● WHAT IS REQUIRED: Everything in the data below is left aside except the lines from the one containing "read_keeps s mem now from bytes payload" through the one containing "message_keeps s mem"; repeat those exactly.

● RECORDS SHOWN:
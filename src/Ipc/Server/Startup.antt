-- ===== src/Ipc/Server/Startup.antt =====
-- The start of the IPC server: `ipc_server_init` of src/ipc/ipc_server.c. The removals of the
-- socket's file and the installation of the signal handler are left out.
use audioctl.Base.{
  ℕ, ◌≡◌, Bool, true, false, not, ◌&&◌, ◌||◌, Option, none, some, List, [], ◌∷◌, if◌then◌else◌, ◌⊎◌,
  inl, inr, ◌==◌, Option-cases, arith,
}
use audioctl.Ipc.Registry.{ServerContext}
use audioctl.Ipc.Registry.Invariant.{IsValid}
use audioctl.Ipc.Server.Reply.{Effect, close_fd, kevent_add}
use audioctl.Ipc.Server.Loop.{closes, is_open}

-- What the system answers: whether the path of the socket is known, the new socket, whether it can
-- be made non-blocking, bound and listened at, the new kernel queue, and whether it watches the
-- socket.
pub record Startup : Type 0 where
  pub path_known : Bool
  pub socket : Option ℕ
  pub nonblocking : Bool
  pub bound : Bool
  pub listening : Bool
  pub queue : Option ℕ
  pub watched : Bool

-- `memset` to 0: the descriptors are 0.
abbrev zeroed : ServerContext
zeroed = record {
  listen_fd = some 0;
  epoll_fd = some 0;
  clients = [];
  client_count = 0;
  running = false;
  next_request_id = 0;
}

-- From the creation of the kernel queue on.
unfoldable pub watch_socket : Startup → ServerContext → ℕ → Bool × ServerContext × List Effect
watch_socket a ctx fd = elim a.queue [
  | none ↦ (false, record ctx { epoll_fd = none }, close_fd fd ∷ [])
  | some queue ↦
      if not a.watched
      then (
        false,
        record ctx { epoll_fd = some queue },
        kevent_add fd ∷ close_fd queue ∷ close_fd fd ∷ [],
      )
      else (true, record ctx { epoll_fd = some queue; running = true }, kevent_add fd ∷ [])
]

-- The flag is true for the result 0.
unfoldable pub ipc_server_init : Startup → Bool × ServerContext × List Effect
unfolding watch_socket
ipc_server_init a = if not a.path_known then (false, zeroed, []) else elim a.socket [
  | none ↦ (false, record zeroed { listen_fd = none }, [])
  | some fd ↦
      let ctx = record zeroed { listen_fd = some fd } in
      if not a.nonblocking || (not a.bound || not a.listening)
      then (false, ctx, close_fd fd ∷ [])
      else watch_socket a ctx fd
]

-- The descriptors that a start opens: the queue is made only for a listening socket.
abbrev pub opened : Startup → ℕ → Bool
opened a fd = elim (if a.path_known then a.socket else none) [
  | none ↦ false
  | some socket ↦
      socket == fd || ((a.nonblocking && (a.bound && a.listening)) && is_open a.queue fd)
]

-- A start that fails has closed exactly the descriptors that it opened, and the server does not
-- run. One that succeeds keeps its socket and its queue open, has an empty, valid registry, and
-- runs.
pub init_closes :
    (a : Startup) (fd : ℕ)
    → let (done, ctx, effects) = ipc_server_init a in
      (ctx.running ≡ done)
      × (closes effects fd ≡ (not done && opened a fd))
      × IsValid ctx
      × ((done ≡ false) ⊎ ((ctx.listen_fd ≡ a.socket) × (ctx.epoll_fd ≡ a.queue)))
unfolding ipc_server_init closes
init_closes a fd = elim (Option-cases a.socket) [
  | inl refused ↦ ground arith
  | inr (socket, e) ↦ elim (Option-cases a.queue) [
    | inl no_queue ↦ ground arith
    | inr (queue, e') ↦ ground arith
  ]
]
* * *
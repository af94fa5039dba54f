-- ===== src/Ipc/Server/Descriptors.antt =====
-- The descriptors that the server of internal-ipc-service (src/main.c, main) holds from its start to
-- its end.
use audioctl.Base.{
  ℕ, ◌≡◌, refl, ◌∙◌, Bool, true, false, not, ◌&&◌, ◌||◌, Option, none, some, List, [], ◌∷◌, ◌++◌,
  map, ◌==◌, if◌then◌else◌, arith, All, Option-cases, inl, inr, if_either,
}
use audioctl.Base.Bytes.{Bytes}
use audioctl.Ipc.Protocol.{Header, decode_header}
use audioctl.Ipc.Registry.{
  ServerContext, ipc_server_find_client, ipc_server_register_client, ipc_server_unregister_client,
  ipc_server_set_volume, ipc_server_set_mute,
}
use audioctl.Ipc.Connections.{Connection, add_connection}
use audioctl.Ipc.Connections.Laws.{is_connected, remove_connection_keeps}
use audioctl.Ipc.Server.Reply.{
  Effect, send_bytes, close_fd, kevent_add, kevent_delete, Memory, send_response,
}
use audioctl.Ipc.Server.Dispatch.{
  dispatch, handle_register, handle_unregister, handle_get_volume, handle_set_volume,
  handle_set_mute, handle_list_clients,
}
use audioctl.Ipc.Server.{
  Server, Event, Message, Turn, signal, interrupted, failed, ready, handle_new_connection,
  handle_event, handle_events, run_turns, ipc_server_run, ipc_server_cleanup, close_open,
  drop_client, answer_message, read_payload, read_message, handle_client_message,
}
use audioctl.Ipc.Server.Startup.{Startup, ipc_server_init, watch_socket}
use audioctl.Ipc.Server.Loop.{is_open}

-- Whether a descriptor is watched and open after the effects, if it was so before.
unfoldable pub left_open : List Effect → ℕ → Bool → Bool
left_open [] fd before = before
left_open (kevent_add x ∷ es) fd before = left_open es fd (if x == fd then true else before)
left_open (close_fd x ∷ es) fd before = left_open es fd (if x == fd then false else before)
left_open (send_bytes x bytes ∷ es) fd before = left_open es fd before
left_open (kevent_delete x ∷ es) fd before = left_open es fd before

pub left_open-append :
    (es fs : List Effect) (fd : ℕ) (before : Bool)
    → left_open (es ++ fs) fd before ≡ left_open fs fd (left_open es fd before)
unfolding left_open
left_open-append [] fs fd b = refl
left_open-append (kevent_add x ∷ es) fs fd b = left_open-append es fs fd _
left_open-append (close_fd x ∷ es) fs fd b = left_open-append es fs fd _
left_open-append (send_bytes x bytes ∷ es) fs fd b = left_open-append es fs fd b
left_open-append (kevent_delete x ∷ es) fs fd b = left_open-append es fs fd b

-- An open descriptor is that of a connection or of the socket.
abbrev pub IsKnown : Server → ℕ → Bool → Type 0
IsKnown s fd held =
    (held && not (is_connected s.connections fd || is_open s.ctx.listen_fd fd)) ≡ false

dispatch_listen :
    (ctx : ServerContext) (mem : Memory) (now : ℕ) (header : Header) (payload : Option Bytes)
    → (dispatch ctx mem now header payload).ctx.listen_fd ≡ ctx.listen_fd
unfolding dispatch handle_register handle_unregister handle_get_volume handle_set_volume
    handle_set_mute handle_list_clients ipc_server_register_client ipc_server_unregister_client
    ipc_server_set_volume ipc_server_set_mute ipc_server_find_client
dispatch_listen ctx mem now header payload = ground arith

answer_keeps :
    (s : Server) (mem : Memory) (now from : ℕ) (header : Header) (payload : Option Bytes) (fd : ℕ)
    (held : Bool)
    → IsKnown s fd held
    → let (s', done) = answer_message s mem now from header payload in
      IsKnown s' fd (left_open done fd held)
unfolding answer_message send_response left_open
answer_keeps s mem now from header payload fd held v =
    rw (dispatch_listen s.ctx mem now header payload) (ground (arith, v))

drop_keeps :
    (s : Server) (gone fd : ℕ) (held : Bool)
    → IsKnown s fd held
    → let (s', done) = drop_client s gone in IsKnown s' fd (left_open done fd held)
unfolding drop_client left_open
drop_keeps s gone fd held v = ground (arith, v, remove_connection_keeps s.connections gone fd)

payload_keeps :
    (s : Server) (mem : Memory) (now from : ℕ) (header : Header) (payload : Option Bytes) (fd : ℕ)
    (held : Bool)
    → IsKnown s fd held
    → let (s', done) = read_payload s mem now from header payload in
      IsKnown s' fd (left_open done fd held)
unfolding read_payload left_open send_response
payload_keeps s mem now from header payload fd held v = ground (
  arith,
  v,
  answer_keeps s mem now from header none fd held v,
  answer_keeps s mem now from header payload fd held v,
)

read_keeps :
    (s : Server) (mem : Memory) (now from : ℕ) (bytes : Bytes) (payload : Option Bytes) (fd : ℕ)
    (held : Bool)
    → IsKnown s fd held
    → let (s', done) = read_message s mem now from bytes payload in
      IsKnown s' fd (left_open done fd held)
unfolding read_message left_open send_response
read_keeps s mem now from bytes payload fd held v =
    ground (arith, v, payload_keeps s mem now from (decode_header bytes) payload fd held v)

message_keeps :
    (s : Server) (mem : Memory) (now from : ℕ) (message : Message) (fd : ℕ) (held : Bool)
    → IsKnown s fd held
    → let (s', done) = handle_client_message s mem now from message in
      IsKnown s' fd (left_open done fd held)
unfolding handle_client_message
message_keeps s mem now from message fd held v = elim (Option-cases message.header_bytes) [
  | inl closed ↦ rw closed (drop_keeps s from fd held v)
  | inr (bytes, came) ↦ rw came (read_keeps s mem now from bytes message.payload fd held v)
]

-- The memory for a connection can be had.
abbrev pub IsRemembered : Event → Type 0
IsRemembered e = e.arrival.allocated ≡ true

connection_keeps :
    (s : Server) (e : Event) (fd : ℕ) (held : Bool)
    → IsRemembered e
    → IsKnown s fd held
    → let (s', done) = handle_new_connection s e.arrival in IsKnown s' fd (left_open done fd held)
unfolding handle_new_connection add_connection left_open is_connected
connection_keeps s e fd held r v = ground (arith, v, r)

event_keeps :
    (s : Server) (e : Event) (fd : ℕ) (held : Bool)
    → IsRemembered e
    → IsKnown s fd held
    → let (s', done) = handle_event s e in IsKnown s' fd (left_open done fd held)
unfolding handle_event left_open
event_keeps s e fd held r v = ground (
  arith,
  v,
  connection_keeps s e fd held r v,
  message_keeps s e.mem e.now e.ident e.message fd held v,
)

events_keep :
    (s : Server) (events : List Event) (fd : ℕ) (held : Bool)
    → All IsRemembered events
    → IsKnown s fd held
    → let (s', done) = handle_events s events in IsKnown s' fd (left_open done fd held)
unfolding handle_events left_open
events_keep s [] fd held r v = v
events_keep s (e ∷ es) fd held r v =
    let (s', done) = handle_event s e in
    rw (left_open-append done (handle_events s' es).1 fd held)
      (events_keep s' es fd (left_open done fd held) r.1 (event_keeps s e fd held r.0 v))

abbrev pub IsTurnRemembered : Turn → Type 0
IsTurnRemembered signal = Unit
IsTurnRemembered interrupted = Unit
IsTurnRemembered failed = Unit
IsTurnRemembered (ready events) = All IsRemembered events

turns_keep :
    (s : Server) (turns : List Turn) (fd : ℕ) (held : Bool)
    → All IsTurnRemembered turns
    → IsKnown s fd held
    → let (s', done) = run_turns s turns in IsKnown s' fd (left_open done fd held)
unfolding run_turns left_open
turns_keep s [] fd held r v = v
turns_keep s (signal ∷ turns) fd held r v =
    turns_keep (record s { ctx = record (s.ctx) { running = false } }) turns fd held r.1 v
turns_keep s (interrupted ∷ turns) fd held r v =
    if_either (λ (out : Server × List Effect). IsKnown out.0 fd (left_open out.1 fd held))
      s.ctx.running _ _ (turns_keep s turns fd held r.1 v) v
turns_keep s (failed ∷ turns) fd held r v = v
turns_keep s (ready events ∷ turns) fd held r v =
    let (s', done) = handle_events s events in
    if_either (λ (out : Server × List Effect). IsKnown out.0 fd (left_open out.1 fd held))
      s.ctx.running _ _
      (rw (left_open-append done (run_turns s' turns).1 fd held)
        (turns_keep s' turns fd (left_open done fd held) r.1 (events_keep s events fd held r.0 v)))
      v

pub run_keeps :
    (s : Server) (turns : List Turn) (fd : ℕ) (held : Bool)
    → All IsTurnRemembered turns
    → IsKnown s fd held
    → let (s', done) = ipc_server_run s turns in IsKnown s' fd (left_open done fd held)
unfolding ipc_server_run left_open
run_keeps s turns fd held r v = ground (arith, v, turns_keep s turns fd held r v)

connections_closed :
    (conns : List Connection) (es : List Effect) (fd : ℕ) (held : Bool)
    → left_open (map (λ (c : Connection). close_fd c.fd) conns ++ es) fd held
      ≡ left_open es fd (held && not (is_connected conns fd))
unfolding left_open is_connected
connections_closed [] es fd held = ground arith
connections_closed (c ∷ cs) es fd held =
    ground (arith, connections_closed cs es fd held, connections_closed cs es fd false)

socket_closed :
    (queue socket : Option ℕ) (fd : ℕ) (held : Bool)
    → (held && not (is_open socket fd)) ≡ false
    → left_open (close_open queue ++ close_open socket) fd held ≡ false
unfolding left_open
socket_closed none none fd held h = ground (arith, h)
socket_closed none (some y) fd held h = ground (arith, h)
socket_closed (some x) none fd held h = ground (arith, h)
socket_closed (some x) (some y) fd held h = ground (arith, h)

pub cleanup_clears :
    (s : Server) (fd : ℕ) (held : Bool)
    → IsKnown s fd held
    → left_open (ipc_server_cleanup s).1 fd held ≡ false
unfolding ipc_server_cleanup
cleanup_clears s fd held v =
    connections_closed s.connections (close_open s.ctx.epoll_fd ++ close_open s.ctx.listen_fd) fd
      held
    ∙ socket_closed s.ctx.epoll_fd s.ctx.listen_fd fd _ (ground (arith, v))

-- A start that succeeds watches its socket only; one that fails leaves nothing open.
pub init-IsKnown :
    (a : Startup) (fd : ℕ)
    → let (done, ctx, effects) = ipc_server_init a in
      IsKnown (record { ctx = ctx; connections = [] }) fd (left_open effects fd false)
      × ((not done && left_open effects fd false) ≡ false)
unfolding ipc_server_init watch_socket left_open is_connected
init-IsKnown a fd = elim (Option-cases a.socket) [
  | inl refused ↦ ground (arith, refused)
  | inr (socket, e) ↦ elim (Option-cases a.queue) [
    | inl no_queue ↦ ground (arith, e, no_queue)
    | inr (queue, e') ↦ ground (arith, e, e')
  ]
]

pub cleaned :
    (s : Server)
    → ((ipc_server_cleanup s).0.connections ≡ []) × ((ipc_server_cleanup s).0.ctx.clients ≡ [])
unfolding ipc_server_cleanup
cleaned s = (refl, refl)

● RESULT:
read_keeps s mem now from bytes payload fd held v =
    ground (arith, v, payload_keeps s mem now from (decode_header bytes) payload fd held v)

message_keeps :
    (s : Server) (mem : Memory) (now from : ℕ) (message : Message) (fd : ℕ) (held : Bool)
    → IsKnown s fd held
    → let (s', done) = handle_client_message s mem now from message in
      IsKnown s' fd (left_open done fd held)
unfolding handle_client_message
message_keeps s mem now from message fd held v = elim (Option-cases message.header_bytes) [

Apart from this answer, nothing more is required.